What are the Different Types of Mutual Funds in India

Mutual Funds are one of the best investment products for long-term investors. Here we come with a detailed explanation of the different types of mutual funds in India. As the term “Mutual” mentions, the process is to collect small funds from various investors across the globe, invest in selected shares of companies, and manage by a Fund Manager under an Asset Management Company (AMC).

If you are new to Share, we recommend you go through what SENSEX has produced as returns in 35 years. Shares are not everyone’s cup of tea. It requires a minimum purchase of 1 share, and some share prices like MRF are at Rs. 75000. So, Mutual Funds can be a viable option to invest in multiple shares. As the investment diversifies, the level of risk comes down.

This article elaborates entirely on the different types of mutual funds in India. In 1963, India launched their 1st ever mutual fund the United Trust of India (UTI).

This was an initiative by the Indian government and the Reserve Bank of India to induce personal savings and escalate the funds for public organizations to grow the nation. However, till the time mutual funds were introduced into the financial segment of the country, it was a bit difficult for middle-class people to enter the share market. Yet, as an aspirant investor, you should go through the risk ratios of mutual funds

Different Types of Mutual Funds in India

The mutual funds in India are majorly classified based on,

  1. Asset Class
  2. Structure
  3. Investment Goals
  4. Risk Calibrations
  5. Special Categories

Types of Mutual Funds in India Based on Asset Class

Asset classes in mutual funds are broadly classified into Equity, Debt, and Hybrid (both Equity and Debt). Under this classification, the Mutual fund types in India are,

  1. Equity Mutual Funds
  2. Debt Mutual Funds
  3. Money Market Funds
  4. Hybrid and Balanced Funds
  5. GILT Funds

Checkout our article on the two best mutual funds to invest in various categories

1. Equity Mutual Funds

When a mutual fund scheme holds complete asset allocation dependency on the Equity or Shares market, it is called Equity Funds. It suits well for investors who either don’t have much time to research or don’t have a considerable amount to invest in the Equity market.

Yet has a craze for investing and building their wealth between 15-20% CAGR for a term of 15 to 20 years. Yet, this is one form of investment where the average return of 20 years is estimated to beat inflation by 2 to 3 times. Therefore, we request that any investor with long-term goals prefer investing in equity mutual funds.

There are multiple schemes mapped under Equity Mutual Funds,

  1. Large-cap funds 
  2. Mid-cap funds
  3. Small-cap funds
  4. Flexi-cap funds
  5. Multi-cap funds
  6. ELSS (Equity Linked Savings Scheme, etc)

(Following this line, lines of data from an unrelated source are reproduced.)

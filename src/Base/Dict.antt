-- ===== src/Base/Dict.antt =====
-- A Python dict as an association list in insertion order.
use mathlib.Core.Path.{◌≡◌, refl, sym, subst}
use mathlib.Core.Option.{Option, none, some}
use mathlib.Core.List.{List, [], ◌∷◌}
use native.Mathlib.Omega.{arith}
use mathlib.Core.Logic.{inl, inr}
use hotel_server_v.Base.Tests.{if◌then◌else◌, Bool-cases, KeyEquality, ◌==◌}

module _ {ℓ κ} {K : Type ℓ} {V : Type κ} ⦃e : KeyEquality K⦄ where
  -- `d.get(k)`
  unfoldable pub lookup : K → List (K × V) → Option V
  lookup k [] = none
  lookup k ((j, v) ∷ d) = if j == k then some v else lookup k d

  -- `d[k] = v`
  unfoldable pub insert : K → V → List (K × V) → List (K × V)
  insert k v [] = (k, v) ∷ []
  insert k v ((j, w) ∷ d) = if j == k then (j, v) ∷ d else (j, w) ∷ insert k v d

  pub lookup-insert :
      (k j : K) (v : V) (d : List (K × V))
      → lookup j (insert k v d) ≡ (if k == j then some v else lookup j d)
  unfolding lookup insert
  lookup-insert k j v [] = refl
  lookup-insert k j v ((i, w) ∷ d) =
      ground (arith, e.same_iff k j, e.same_iff i k, e.same_iff i j, lookup-insert k j v d)

  module _ {μ} (P : K → V → Type μ) where
    -- A relation between every key and its value.
    abbrev pub Entries : List (K × V) → Type μ
    Entries [] = Unit
    Entries ((k, v) ∷ d) = P k v × Entries d

    pub lookup-Entries :
        (k : K) (d : List (K × V)) (v : V) → Entries d → lookup k d ≡ some v → P k v
    unfolding lookup
    lookup-Entries k [] v h q = ground (arith, q)
    lookup-Entries k ((j, w) ∷ d) v h q = elim (Bool-cases (j == k)) [
      | inl r ↦ subst (λ x. P x v) ((e.same_iff j k).0 r) (subst (P j) (ground (arith, q, r)) h.0)
      | inr r ↦ lookup-Entries k d v h.1 (ground (arith, q, r))
    ]

    pub insert-Entries :
        (k : K) (v : V) (d : List (K × V)) → P k v → Entries d → Entries (insert k v d)
    unfolding insert
    insert-Entries k v [] p h = (p, tt)
    insert-Entries k v ((j, w) ∷ d) p h = elim (Bool-cases (j == k)) [
      | inl r ↦ rw r (subst (λ x. P x v) (sym ((e.same_iff j k).0 r)) p, h.1)
      | inr r ↦ rw r (h.0, insert-Entries k v d p h.1)
    ]
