-- ===== src/Base/Exec/Keeps.antt =====
-- A predicate on the session that an action keeps, whether it returns or raises: a rule for each way
-- to build an action.
use hotel_server_v.Base.Exec.{Exec, Tx, Result, ok, err, raise_if, or_raise, ◌>>=◌}
use mathlib.Core.Bool.{Bool, true, false}
use mathlib.Core.Option.{Option, none, some}
use hotel_server_v.Base.Tests.{if◌then◌else◌}
use hotel_server_v.Errors.{Error}

module _ {D : Type 0} (P : Tx D → Type 0) where
  abbrev pub Keeps : {A : Type 0} → Exec D A → Type 0
  Keeps m = (s : Tx D) → P s → P (m s).1

  abbrev and_then : {A B : Type 0} → (A → Exec D B) → Result A → Exec D B
  and_then f r s = elim r [ ok a ↦ f a s | err e ↦ (err e, s) ]

  and_then-keeps :
      {A B : Type 0} (f : A → Exec D B) (r : Result A) (s : Tx D)
      → ((a : A) → Keeps (f a))
      → P s
      → P (and_then f r s).1
  and_then-keeps f (ok a) s k h = k a s h
  and_then-keeps f (err e) s k h = h

  pub Keeps-bind :
      {A B : Type 0} (m : Exec D A) (f : A → Exec D B)
      → Keeps m
      → ((a : A) → Keeps (f a))
      → Keeps (m >>= f)
  Keeps-bind m f km kf s h = and_then-keeps f (m s).0 (m s).1 kf (km s h)

  pub Keeps-if :
      {A : Type 0} (b : Bool) (m n : Exec D A) → Keeps m → Keeps n → Keeps (if b then m else n)
  Keeps-if true m n km kn = km
  Keeps-if false m n km kn = kn

  pub Keeps-or_raise : {A : Type 0} (o : Option A) (e : Error) → Keeps (or_raise o e)
  Keeps-or_raise none e s h = h
  Keeps-or_raise (some a) e s h = h

  pub Keeps-raise_if : (b : Bool) (e : Error) → Keeps (raise_if b e)
  Keeps-raise_if true e s h = h
  Keeps-raise_if false e s h = h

Every fund has its advantages and disadvantages. These funds are regulated by SEBI

2. Debt Funds

Do you invest for short-term goals holding a tenure of fewer than 5 years? Aren’t you investing in bonds as the minimum value of the investment is 10 lakhs+? If so, here is the option. Yes, it’s a debt mutual fund.

Investing in various government bonds, commercial debentures, public sector bonds, etc., in a small portion with the help of AMC (Asset Management Company) and fund manager is known as Debt mutual fund.

The performance has always been better than fixed or recurring deposits. It is highly dependent on the Repo interest rates. Yet, you can generate a decent return of 7% to 9% CAGR annually. Check out our article on the best debt funds to invest in.

3. Money Market Funds

The mutual funds that park the funds in treasury bills (T-Bills), CP’s (Commercial Papers), Government securities, etc. are highly liquidable assets with maturity periods of fewer than 6 months. The money market is also known as the cash market, and it is one of the fixed-income funds types. We advise people to accumulate emergency funds with the help of Debt funds. 

Money Market Funds are not focused on by many individual investors as the results are not similar to equity mutual funds. But, the importance of these funds is known and established by corporate companies. It’s always necessary to understand the pros and cons of every investment and bifurcate the asset allocations. The risk and reward are very low compared to other types of mutual funds in India.

4. Hybrid and Balanced Fund

Hybrid or Balanced Funds hold securities like shares and bonds. It’s a viable option for investors who look for a decent return (9% to 10%) with moderate risk. The ratio of investment can be 60% in equities and 40% in debt or vice versa.

Despite being types of mutual funds in India, we at Fincareplan won’t recommend them as one of the top picks for investors, as many other types could yield better returns with the same risk measurables.

5. GILT Funds

Do you know about G-Sec bonds? It’s government edition bonds that hold very minimum risk like credit risk. So you can rest assured of your principles and returns as you invest in one of the developing governments.

The mutual funds that have a portfolio of minimum funds of 80% in G-Sec bonds and 20% in other fixed-income securities are known as GILT Funds.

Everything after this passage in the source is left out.